Early ventilators were negative pressure systems known as iron lungs. The patient’s body was encased in an iron cylinder and negative pressure was generated, which enlarged the thoracic cavity. A modification of this system involves a suit or shell that is fitted over the patient’s chest with a hose connecting the device to a negative pressure generator. In either model, lung inflation is accomplished by reducing the pressure in the container to below atmospheric pressure. This causes the pressure surrounding the chest to drop below the pressure in the lungs, and the chest expands. The lungs then expand and the pressure inside them becomes less than atmospheric. Atmospheric gases are drawn into the lungs until lung pressure and atmospheric pressure reach equilibrium. Inspiration then ends. Once subatmospheric pressure surrounding the chest is released, the natural elastic recoil of the thoracic cage and lungs causes lung pressure
to exceed atmospheric pressure. Thus, gas leaves the lungs until pressures are again equal.

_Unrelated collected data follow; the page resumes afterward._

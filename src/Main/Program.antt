-- ===== src/Main/Program.antt =====
-- src/main.cpp from its first line to the start of its threads, and what it has done at its end.
use counter_drone_streaming.Base.{
  ℕ, ℤ, List, [], ◌∷◌, ◌++◌, ◌≡◌, refl, sym, ap, ◌⊎◌, inl, inr, subst,
}
use counter_drone_streaming.Message.{Message, text, number, bytes}
use counter_drone_streaming.Bytes.{Endian}
use counter_drone_streaming.Client.{Outputs}
use counter_drone_streaming.Queue.{empty}
use counter_drone_streaming.Logger.{Logger}
use counter_drone_streaming.Logger.Open.{FileCalls, open_logger}
use counter_drone_streaming.Parser.{Parser, handled, client_of, run}
use counter_drone_streaming.Parser.Ready.{fresh_client-IsReady}
use counter_drone_streaming.Logic.{Timing, Logic}
use counter_drone_streaming.Logic.{run as run_logic}
use counter_drone_streaming.Telemetry.{Telemetry}
use counter_drone_streaming.System.Worker.Run.{items}
use counter_drone_streaming.Main.{Options, defaults, parse_arguments}
use counter_drone_streaming.System.{System, Reach, launch, main_returned, interrupted_line, goodbye}
use counter_drone_streaming.System.Stages.{IsInStep}
use counter_drone_streaming.System.Links.{Merged}
use counter_drone_streaming.System.Shutdown.{pipeline_has_run}
use counter_drone_streaming.System.Console.{lines_of_main, lines_of_logger, console_at_end}

abbrev pub banner : Options → List Message
banner o =
    (text "=== Counter-Drone Communication Layer ===\n" ∷ [])
    ∷ (text "Starting on port "
        ∷ number o.port
        ∷ text "  (logging to "
        ∷ bytes o.log_file_path
        ∷ text ")"
        ∷ text "  (Ctrl+C to stop)\n\n"
        ∷ [])
    ∷ []

abbrev pub create_parser : Parser
create_parser = record {
  clients = [];
  outputs = record { crc_failures = 0; parsed = []; logs = [] };
}

-- The members that the constructor leaves to their type start at the clock's epoch.
abbrev pub create_logic : (T : Timing) → T.Time → Logic T
create_logic T epoch = record {
  drones = [];
  packets_processed = 0;
  start_time = epoch;
  last_report_time = epoch;
  packets_at_last_report = 0;
  logs = [];
}

-- What the program has printed when its threads start, and they, or what the logger's constructor
-- throws instead.
pub record Program (e : Endian) (T : Timing) : Type 0 where
  pub port : ℕ
  pub printed : List Message
  pub threads : Message ⊎ (Logger × System e T)

abbrev pub with_logger :
    (e : Endian) (T : Timing) → T.Time → Message ⊎ Logger → Message ⊎ (Logger × System e T)
with_logger e T epoch (inl m) = inl m
with_logger e T epoch (inr l) = inr (l, launch e T create_parser (create_logic T epoch))

unfoldable pub program :
    (e : Endian) (T : Timing) → T.Time → (List ℕ → ℤ) → FileCalls → List (List ℕ) → Program e T
program e T epoch atoi calls argv =
    let o = parse_arguments atoi argv defaults in
    record {
      port = o.port;
      printed = banner o;
      threads = with_logger e T epoch (open_logger calls o.log_file_path (empty 0));
    }

created-IsInStep : IsInStep create_parser
unfolding client_of counter_drone_streaming.Table.find? counter_drone_streaming.Client.fresh_client
    counter_drone_streaming.Ring.create
created-IsInStep = ((λ id. []), record { ready = λ id. fresh_client-IsReady; bytes = λ id. refl })

with_logger-launch :
    (e : Endian) (T : Timing) (epoch : T.Time) (r : Message ⊎ Logger) (l : Logger) (s : System e T)
    → with_logger e T epoch r ≡ inr (l, s)
    → (r ≡ inr l) × (launch e T create_parser (create_logic T epoch) ≡ s)
with_logger-launch e T epoch (inl m) l s k = absurd (cc k)
with_logger-launch e T epoch (inr l') l s k = (cc k, cc k)

-- For any command line, clock and file system for which the logger's constructor does not throw:
-- once main has returned, after any interleaving of its threads, the program has printed its
-- banner, with the port and the path that the command line gives, the line on the signal and the
-- goodbye, in this order; the logger's lines among them are those that the listener, the parser
-- and the logic have logged, each once, and those of one thread in their order; and the parser and
-- the logic, from the members that their constructors give, have made their runs on what they have
-- taken.
pub program_ends :
    {e : Endian} {T : Timing} (epoch : T.Time) (atoi : List ℕ → ℤ) (calls : FileCalls)
    → (argv : List (List ℕ)) (l : Logger) {s₀ s : System e T}
    → let p = program e T epoch atoi calls argv in
      p.threads ≡ inr (l, s₀)
      → Reach s₀ s
      → s.main ≡ main_returned
      → (p.printed ++ lines_of_main s.console
          ≡ banner (parse_arguments atoi argv defaults) ++ (interrupted_line ∷ goodbye ∷ []))
        × Merged (lines_of_logger s.console) s.heard s.parser.state.outputs.logs s.logic.state.logs
        × (run e s.raw.popped create_parser ≡ handled s.parser.state)
        × ((started : T.Time) × (stopped : T.Time) × (xs : List (Telemetry × T.Time)) × (items xs
              ≡ s.parsed.popped)
            × (run_logic started xs stopped (create_logic T epoch) ≡ s.logic.state))
unfolding program
program_ends {e} {T} epoch atoi calls argv l {s₀} {s} started r done =
    let o = parse_arguments atoi argv defaults in
    let opened = open_logger calls o.log_file_path (empty 0) in
    let (_, starts) = with_logger-launch e T epoch opened l s₀ started in
    let reached : Reach (launch e T create_parser (create_logic T epoch)) s =
      subst (λ z. Reach z s) (sym starts) r in
    let l₀ = create_logic T epoch in
    let (mains, merged) = console_at_end create_parser l₀ created-IsInStep reached done in
    let (ran, _, _, tracked) = pipeline_has_run create_parser l₀ created-IsInStep reached done in
    (ap (λ ms. banner o ++ ms) mains, merged, ran, tracked)
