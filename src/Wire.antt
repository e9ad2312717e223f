-- ===== src/Wire.antt =====
-- The wire format as its sender writes it: `crc16_modbus`, `serialize_payload` and `build_packet` of
-- tests/drone_load_test.py. Python's integers do not wrap; the checksum is masked to 16 bits.
pub mod RoundTrip
pub mod Framing
pub mod Recovery
pub mod Resync
pub mod EndToEnd
pub mod Sockets
pub mod Damage
use counter_drone_streaming.Base.{
  ℕ, zero, suc, ◌/◌, ◌%◌, ◌^◌, Bool, List, [], ◌∷◌, ◌++◌, length, ◌==◌, if◌then◌else◌,
}
use Prim.Native.Nat.{bit_xor}
use counter_drone_streaming.Telemetry.{Telemetry, packet_header}
use counter_drone_streaming.Bytes.BigEndian.{bytes_be}

-- The loop over the eight digits of a byte.
unfoldable pub crc16_rounds : ℕ → ℕ → ℕ
crc16_rounds zero crc = crc
crc16_rounds (suc n) crc =
    crc16_rounds n (if crc % 2 == 1 then bit_xor (crc / 2) 0xA001 else crc / 2)

unfoldable pub crc16_bytes : ℕ → List ℕ → ℕ
crc16_bytes crc [] = crc
crc16_bytes crc (b ∷ bs) = crc16_bytes (crc16_rounds 8 (bit_xor crc b)) bs

unfoldable pub crc16_modbus : List ℕ → ℕ
crc16_modbus bytes = crc16_bytes 0xFFFF bytes % 2 ^ 16

-- `struct.pack(">H{n}sddddQ", …)`
unfoldable pub serialize_payload : Telemetry → List ℕ
serialize_payload t =
    bytes_be 2 (length t.drone_id)
    ++ (t.drone_id
        ++ (bytes_be 8 t.latitude
            ++ (bytes_be 8 t.longitude
                ++ (bytes_be 8 t.altitude ++ (bytes_be 8 t.speed ++ bytes_be 8 t.timestamp)))))

unfoldable pub raw_packet : List ℕ → List ℕ
raw_packet payload = bytes_be 2 packet_header ++ (bytes_be 2 (length payload) ++ payload)

unfoldable pub build_packet : Telemetry → Bool → List ℕ
build_packet t corrupt_crc =
    let raw = raw_packet (serialize_payload t) in
    let crc = crc16_modbus raw in
    raw ++ bytes_be 2 (if corrupt_crc then bit_xor crc 0xBEEF else crc)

Negative pressure ventilator systems are advantageous in that they mimic normal respiration. However, such systems are rarely used except in select out-of-hospital settings.

With controlled mandatory ventilation (CMV), the ventilator delivers a preset Vt at a preset number of times per minute. The patient cannot spontaneously ventilate or “trigger” breaths; thus, the machine controls ventilation. This mode is restricted to patients who are apneic as a result of brain injury, sedation, or muscle paralysis. If the patient is conscious or is not paralyzed, this mode can provoke high anxiety and discomfort. Properly functioning ventilator alarms are crucial to the safe use of CMV.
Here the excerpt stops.